*Task objective:* Reproduce the opening lines of the records exactly, please, stopping after the line that contains "let b = set a j (nth a k) in".

*Records excerpted from a collection:*
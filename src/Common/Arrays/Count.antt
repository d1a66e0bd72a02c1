-- ===== src/Common/Arrays/Count.antt =====
-- How many entries of a range are not below a number.
use webrtc_snippets.Common.{
  ℕ, zero, suc, ◌+◌, ◌≤◌, ◌<◌, ◌≡◌, inl, inr, refl, ap, ◌∙◌, arith, List, ◌==◌, ltb, leb,
  if◌then◌else◌, length, Bool-cases, ltb→lt,
}
use webrtc_snippets.Common.Arrays.{nth, set, exchange, length-set, nth-set}

-- How many of the `n` entries from `i` on are `v` or more.
unfoldable pub at_least : List ℕ → ℕ → ℕ → ℕ → ℕ
unfolding nth
at_least a v i zero = 0
at_least a v i (suc n) = (if leb v (nth a i) then 1 else 0) + at_least a v (i + 1) n

at_least-set_outside :
    (a : List ℕ) (k x v i n : ℕ)
    → k < length a
    → k < i
    → at_least (set a k x) v i n ≡ at_least a v i n
unfolding at_least
at_least-set_outside a k x v i zero p q = refl
at_least-set_outside a k x v i (suc n) p q =
    ground (arith, nth-set a k i x p, at_least-set_outside a k x v (i + 1) n)

at_least-set :
    (a : List ℕ) (k x v i n : ℕ)
    → k < length a
    → i ≤ k
    → k < i + n
    → at_least (set a k x) v i n + (if leb v (nth a k) then 1 else 0)
      ≡ at_least a v i n + (if leb v x then 1 else 0)
unfolding at_least
at_least-set a k x v i zero p q r = absurd (omega arith)
at_least-set a k x v i (suc n) p q r = elim (Bool-cases (k == i)) [
  | inl same ↦
      let here : k ≡ i = ground (arith, same) in
      let new = nth-set a k i x p in
      let old : nth a k ≡ nth a i = ap (nth a) here in
      let rest = at_least-set_outside a k x v (i + 1) n p (omega arith) in
      rw (new, same, old, rest) (omega arith)
  | inr other ↦
      let new = nth-set a k i x p in
      let rest = at_least-set a k x v (i + 1) n p (ground (arith, other)) (omega arith) in
      rw (new, other) (omega arith)
]

-- An exchange within a range keeps its numbers.
pub at_least-exchange :
    (a : List ℕ) (j k v i n : ℕ)
    → k < i + n
    → i ≤ j
    → j ≤ k
    → i + n ≤ length a
    → at_least (exchange a j k) v i n ≡ at_least a v i n
unfolding exchange
at_least-exchange a j k v i n p q r s =
    let b = set a j (nth a k) in
    let size = length-set a j (nth a k) in
    let kept : nth b k ≡ nth a k = ground (arith, nth-set a j k (nth a k)) in
    let first = at_least-set a j (nth a k) v i n (omega arith) q (omega arith) in
    let second =
      rw kept at (at_least-set b k (nth a j) v i n (omega arith) (omega arith) (omega arith)) in
    omega arith

-- No number is `v` or more.
pub at_least-zero :
    (a : List ℕ) (v i n : ℕ) → ((k : ℕ) → i ≤ k → k < i + n → nth a k < v) → at_least a v i n ≡ 0
unfolding at_least
at_least-zero a v i zero below = refl
at_least-zero a v i (suc n) below = ground (
  arith,
  below i (omega arith) (omega arith),
  at_least-zero a v (i + 1) n (λ k p q. below k (omega arith) (omega arith)),
)

-- All but the last are below `v`.
pub at_least-last :
    (a : List ℕ) (v i n : ℕ)
    → ((k : ℕ) → i ≤ k → k < i + n → nth a k < v)
    → at_least a v i (suc n) ≤ 1
unfolding at_least
at_least-last a v i zero below = ground arith
at_least-last a v i (suc n) below =
    let rest = at_least-last a v (i + 1) n (λ k p q. below k (omega arith) (omega arith)) in
    ground (arith, below i (omega arith) (omega arith), rest)

-- All are `v` or more.
pub at_least-all :
    (a : List ℕ) (v i n : ℕ) → ((k : ℕ) → i ≤ k → k < i + n → v ≤ nth a k) → at_least a v i n ≡ n
unfolding at_least
at_least-all a v i zero above = refl
at_least-all a v i (suc n) above = ground (
  arith,
  above i (omega arith) (omega arith),
  at_least-all a v (i + 1) n (λ k p q. above k (omega arith) (omega arith)),
)

at_least-le : (a : List ℕ) (v i n : ℕ) → at_least a v i n ≤ n
unfolding at_least
at_least-le a v i zero = omega arith
at_least-le a v i (suc n) = ground (arith, at_least-le a v (i + 1) n)

at_least-here : (a : List ℕ) (v i n k : ℕ) → v ≤ nth a k → i ≤ k → k < i + n → 1 ≤ at_least a v i n
unfolding at_least
at_least-here a v i zero k p q r = absurd (omega arith)
at_least-here a v i (suc n) k p q r = elim (Bool-cases (i == k)) [
  | inl same ↦ let e : nth a i ≡ nth a k = ap (nth a) (ground (arith, same)) in ground (arith, e)
  | inr other ↦
      ground (arith, at_least-here a v (i + 1) n k p (ground (arith, other)) (omega arith))
]

at_least-two :
    (a : List ℕ) (v i n j k : ℕ)
    → v ≤ nth a j
    → v ≤ nth a k
    → i ≤ j
    → j < k
    → k < i + n
    → 2 ≤ at_least a v i n
unfolding at_least
at_least-two a v i zero j k p q r s t = absurd (omega arith)
at_least-two a v i (suc n) j k p q r s t = elim (Bool-cases (i == j)) [
  | inl same ↦
      let e : nth a i ≡ nth a j = ap (nth a) (ground (arith, same)) in
      let rest = at_least-here a v (i + 1) n k q (ground (arith, same)) (omega arith) in
      ground (arith, e, rest)
  | inr other ↦
      let rest = at_least-two a v (i + 1) n j k p q (ground (arith, other)) s (omega arith) in
      ground (arith, rest)
]

at_least-miss : (a : List ℕ) (v i n k : ℕ) → nth a k < v → i ≤ k → k < i + n → at_least a v i n < n
unfolding at_least
at_least-miss a v i zero k p q r = absurd (omega arith)
at_least-miss a v i (suc n) k p q r = elim (Bool-cases (i == k)) [
  | inl same ↦
      let e : nth a i ≡ nth a k = ap (nth a) (ground (arith, same)) in
      ground (arith, e, at_least-le a v (i + 1) n)
  | inr other ↦
      let rest = at_least-miss a v (i + 1) n k p (ground (arith, other)) (omega arith) in
      ground (arith, rest)
]

-- The numbers of two arrays with as many entries of each size in a range.
module _ (a b : List ℕ) (i n : ℕ) (same : (v : ℕ) → at_least b v i n ≡ at_least a v i n) where
  pub below-transfer :
      (v k : ℕ) → ((k : ℕ) → i ≤ k → k < i + n → nth a k < v) → i ≤ k → k < i + n → nth b k < v
  below-transfer v k below p q = elim (Bool-cases (ltb (nth b k) v)) [
    | inl less ↦ ltb→lt (nth b k) v less
    | inr more ↦
        let one = at_least-here b v i n k (ground (arith, more)) p q in
        let nothing = at_least-zero a v i n below in let e = same v in absurd (omega arith)
  ]

  pub above-transfer :
      (v k : ℕ) → ((k : ℕ) → i ≤ k → k < i + n → v ≤ nth a k) → i ≤ k → k < i + n → v ≤ nth b k
  above-transfer v k above p q = elim (Bool-cases (ltb (nth b k) v)) [
    | inl less ↦
        let miss = at_least-miss b v i n k (ltb→lt (nth b k) v less) p q in
        let all = at_least-all a v i n above in let e = same v in absurd (omega arith)
    | inr more ↦ ground (arith, more)
  ]

-- All but the last of the range are below `v` in `a`, and `b` has no smaller number behind a larger
-- one there: then all but its last are below `v`, too.
pub last-transfer :
    (a b : List ℕ) (i n v j : ℕ)
    → at_least b v i (suc n) ≡ at_least a v i (suc n)
    → ((k : ℕ) → i ≤ k → k < i + n → nth a k < v)
    → nth b j ≤ nth b (i + n)
    → i ≤ j
    → j < i + n
    → nth b j < v
last-transfer a b i n v j same below order p q = elim (Bool-cases (ltb (nth b j) v)) [
  | inl less ↦ ltb→lt (nth b j) v less
  | inr more ↦
      let high : v ≤ nth b j = ground (arith, more) in
      let two = at_least-two b v i (suc n) j (i + n) high (omega arith) p q (omega arith) in
      let one = at_least-last a v i n below in absurd (omega arith)
]

pub at_least-add :
    (a : List ℕ) (v i m n : ℕ) → at_least a v i (m + n) ≡ at_least a v i m + at_least a v (i + m) n
unfolding at_least
at_least-add a v i zero n =
    ap (λ k. at_least a v i k) {x = 0 + n} {y = n} (omega arith)
    ∙ ap (λ k. at_least a v k n) {x = i} {y = i + 0} (omega arith)
    ∙ omega arith
at_least-add a v i (suc m) n =
    let rest = at_least-add a v (i + 1) m n in
    let e : at_least a v (i + 1 + m) n ≡ at_least a v (i + suc m) n =
      ap (λ k. at_least a v k n) (omega arith) in
    ap (λ k. at_least a v i k) {x = suc m + n} {y = suc (m + n)} (omega arith) ∙ omega arith

pub at_least-same :
    (a b : List ℕ) (v i n : ℕ)
    → ((k : ℕ) → i ≤ k → k < i + n → nth a k ≡ nth b k)
    → at_least a v i n ≡ at_least b v i n
unfolding at_least
at_least-same a b v i zero same = refl
at_least-same a b v i (suc n) same =
    rw
      (
        same i (omega arith) (omega arith),
        at_least-same a b v (i + 1) n (λ k p q. same k (omega arith) (omega arith)),
      )
      refl
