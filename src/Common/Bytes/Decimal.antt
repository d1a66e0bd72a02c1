-- ===== src/Common/Bytes/Decimal.antt =====
-- What `std::to_string` prints of an unsigned number.
use webrtc_snippets.Common.{
  ℕ, zero, suc, ◌+◌, ◌*◌, ◌/◌, ◌%◌, ◌≤◌, ◌<◌, ◌≡◌, inl, inr, refl, sym, ap, ◌∙◌, arith, true, [],
  ◌∷◌, ◌++◌, length, ltb, All, Bool-cases, ltb→lt, lt→ltb,
}
use webrtc_snippets.Common.Bytes.{Bytes}
use webrtc_snippets.Common.Bytes.Digits.{is_digit, read_digits, decimal_digits, to_decimal}

abbrev pub AreDigits : Bytes → Type 0
AreDigits = All (λ c. is_digit c ≡ true)

read_digits-digit :
    (acc count d : ℕ) (after : Bytes)
    → d < 10
    → read_digits acc count ((b'0' + d) ∷ after) ≡ read_digits (acc * 10 + d) (count + 1) after
unfolding read_digits
read_digits-digit acc count d after p = ground (arith, d)

same_place : {v w c d : ℕ} (s : Bytes) → v ≡ w → c ≡ d → read_digits v c s ≡ read_digits w d s
same_place s e f = rw (e, f) refl

read_digits-decimal_digits :
    (fuel n count : ℕ) (after : Bytes)
    → n < fuel
    → (k : ℕ) × (read_digits 0 count (decimal_digits fuel n after)
        ≡ read_digits n (count + 1 + k) after)
unfolding decimal_digits
read_digits-decimal_digits zero n count after p = absurd (omega arith)
read_digits-decimal_digits (suc fuel) n count after p = elim (Bool-cases (ltb n 10)) [
  | inl small ↦ (
    0,
    rw small (
        read_digits-digit 0 count n after (ltb→lt n 10 small)
        ∙ same_place after (omega arith) (omega arith)),
  )
  | inr big ↦
      let (k, e) =
        read_digits-decimal_digits fuel (n / 10) count ((b'0' + n % 10) ∷ after)
          (ground (arith, lt→ltb n 10)) in
      (
        k + 1,
        rw big (
            e
            ∙ read_digits-digit (n / 10) (count + 1 + k) (n % 10) after (omega arith)
            ∙ same_place after (omega arith) (omega arith)),
      )
]

-- The digits are read back as the number.
pub read_digits-to_decimal : (n : ℕ) → (k : ℕ) × (read_digits 0 0 (to_decimal n) ≡ (n, k, []))
unfolding to_decimal read_digits
read_digits-to_decimal n =
    let (k, e) = read_digits-decimal_digits (suc n) n 0 [] (omega arith) in (1 + k, e)

decimal_digits-append :
    (fuel n : ℕ) (a b : Bytes) → decimal_digits fuel n (a ++ b) ≡ decimal_digits fuel n a ++ b
unfolding decimal_digits
decimal_digits-append zero n a b = refl
decimal_digits-append (suc fuel) n a b = elim (Bool-cases (ltb n 10)) [
  | inl small ↦ rw small refl
  | inr big ↦ rw big (decimal_digits-append fuel (n / 10) ((b'0' + n % 10) ∷ a) b)
]

-- The digits are read back in front of whatever follows them.
pub read_digits-to_decimal_append :
    (n count : ℕ) (after : Bytes)
    → (k : ℕ) × (read_digits 0 count (to_decimal n ++ after) ≡ read_digits n (count + 1 + k) after)
unfolding to_decimal
read_digits-to_decimal_append n count after =
    let (k, e) = read_digits-decimal_digits (suc n) n count after (omega arith) in
    (k, ap (read_digits 0 count) (sym (decimal_digits-append (suc n) n [] after)) ∙ e)

decimal_digits-AreDigits :
    (fuel n : ℕ) (after : Bytes)
    → n < fuel
    → AreDigits after
    → AreDigits (decimal_digits fuel n after)
unfolding decimal_digits
decimal_digits-AreDigits zero n after p v = v
decimal_digits-AreDigits (suc fuel) n after p v = elim (Bool-cases (ltb n 10)) [
  | inl small ↦ rw small (ground (arith, ltb→lt n 10), v)
  | inr big ↦ rw big (
      decimal_digits-AreDigits fuel (n / 10) ((b'0' + n % 10) ∷ after) (ground (arith, lt→ltb n 10))
        (ground arith, v))
]

pub to_decimal-AreDigits : (n : ℕ) → AreDigits (to_decimal n)
unfolding to_decimal
to_decimal-AreDigits n = decimal_digits-AreDigits (suc n) n [] (omega arith) tt

-- A power of ten.
abbrev pub tens : ℕ → ℕ
tens zero = 1
tens (suc k) = 10 * tens k

length-decimal_digits :
    (k fuel n : ℕ) (after : Bytes)
    → n < tens k
    → 0 < k
    → length (decimal_digits fuel n after) ≤ k + length after
unfolding decimal_digits
length-decimal_digits zero fuel n after p q = absurd (omega arith)
length-decimal_digits (suc k) zero n after p q = omega arith
length-decimal_digits (suc k) (suc fuel) n after p q = elim (Bool-cases (ltb n 10)) [
  | inl small ↦ rw small (omega arith)
  | inr big ↦ rw big (
      let more : 0 < k = positive k (ground (arith, big)) in
      let rest =
        length-decimal_digits k fuel (n / 10) ((b'0' + n % 10) ∷ after) (omega arith) more in
      omega arith)
]
  where
    positive : (k : ℕ) → 1 < tens k → 0 < k
    positive zero less = absurd (omega arith)
    positive (suc k) less = omega arith

-- A number below a power of ten has at most so many digits.
pub length-to_decimal : (k n : ℕ) → n < tens k → 0 < k → length (to_decimal n) ≤ k
unfolding to_decimal
length-to_decimal k n p q = let size = length-decimal_digits k (suc n) n [] p q in omega arith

*Your solution:*
filename src/Common/Arrays/Count.antt
repository d1a66e0bd72a02c1
-- ===== src/Common/Arrays/Count.antt =====
-- How many entries of a range are not below a number.
use webrtc_snippets.Common.{
  ℕ, zero, suc, ◌+◌, ◌≤◌, ◌<◌, ◌≡◌, inl, inr, refl, ap, ◌∙◌, arith, List, ◌==◌, ltb, leb,
  if◌then◌else◌, length, Bool-cases, ltb→lt,
}
use webrtc_snippets.Common.Arrays.{nth, set, exchange, length-set, nth-set}

-- How many of the `n` entries from `i` on are `v` or more.
unfoldable pub at_least : List ℕ → ℕ → ℕ → ℕ → ℕ
unfolding nth
at_least a v i zero = 0
at_least a v i (suc n) = (if leb v (nth a i) then 1 else 0) + at_least a v (i + 1) n

at_least-set_outside :
    (a : List ℕ) (k x v i n : ℕ)
    → k < length a
    → k < i
    → at_least (set a k x) v i n ≡ at_least a v i n
unfolding at_least
at_least-set_outside a k x v i zero p q = refl
at_least-set_outside a k x v i (suc n) p q =
    ground (arith, nth-set a k i x p, at_least-set_outside a k x v (i + 1) n)

at_least-set :
    (a : List ℕ) (k x v i n : ℕ)
    → k < length a
    → i ≤ k
    → k < i + n
    → at_least (set a k x) v i n + (if leb v (nth a k) then 1 else 0)
      ≡ at_least a v i n + (if leb v x then 1 else 0)
unfolding at_least
at_least-set a k x v i zero p q r = absurd (omega arith)
at_least-set a k x v i (suc n) p q r = elim (Bool-cases (k == i)) [
  | inl same ↦
      let here : k ≡ i = ground (arith, same) in
      let new = nth-set a k i x p in
      let old : nth a k ≡ nth a i = ap (nth a) here in
      let rest = at_least-set_outside a k x v (i + 1) n p (omega arith) in
      rw (new, same, old, rest) (omega arith)
  | inr other ↦
      let new = nth-set a k i x p in
      let rest = at_least-set a k x v (i + 1) n p (ground (arith, other)) (omega arith) in
      rw (new, other) (omega arith)
]

-- An exchange within a range keeps its numbers.
pub at_least-exchange :
    (a : List ℕ) (j k v i n : ℕ)
    → k < i + n
    → i ≤ j
    → j ≤ k
    → i + n ≤ length a
    → at_least (exchange a j k) v i n ≡ at_least a v i n
unfolding exchange
at_least-exchange a j k v i n p q r s =
    let b = set a j (nth a k) in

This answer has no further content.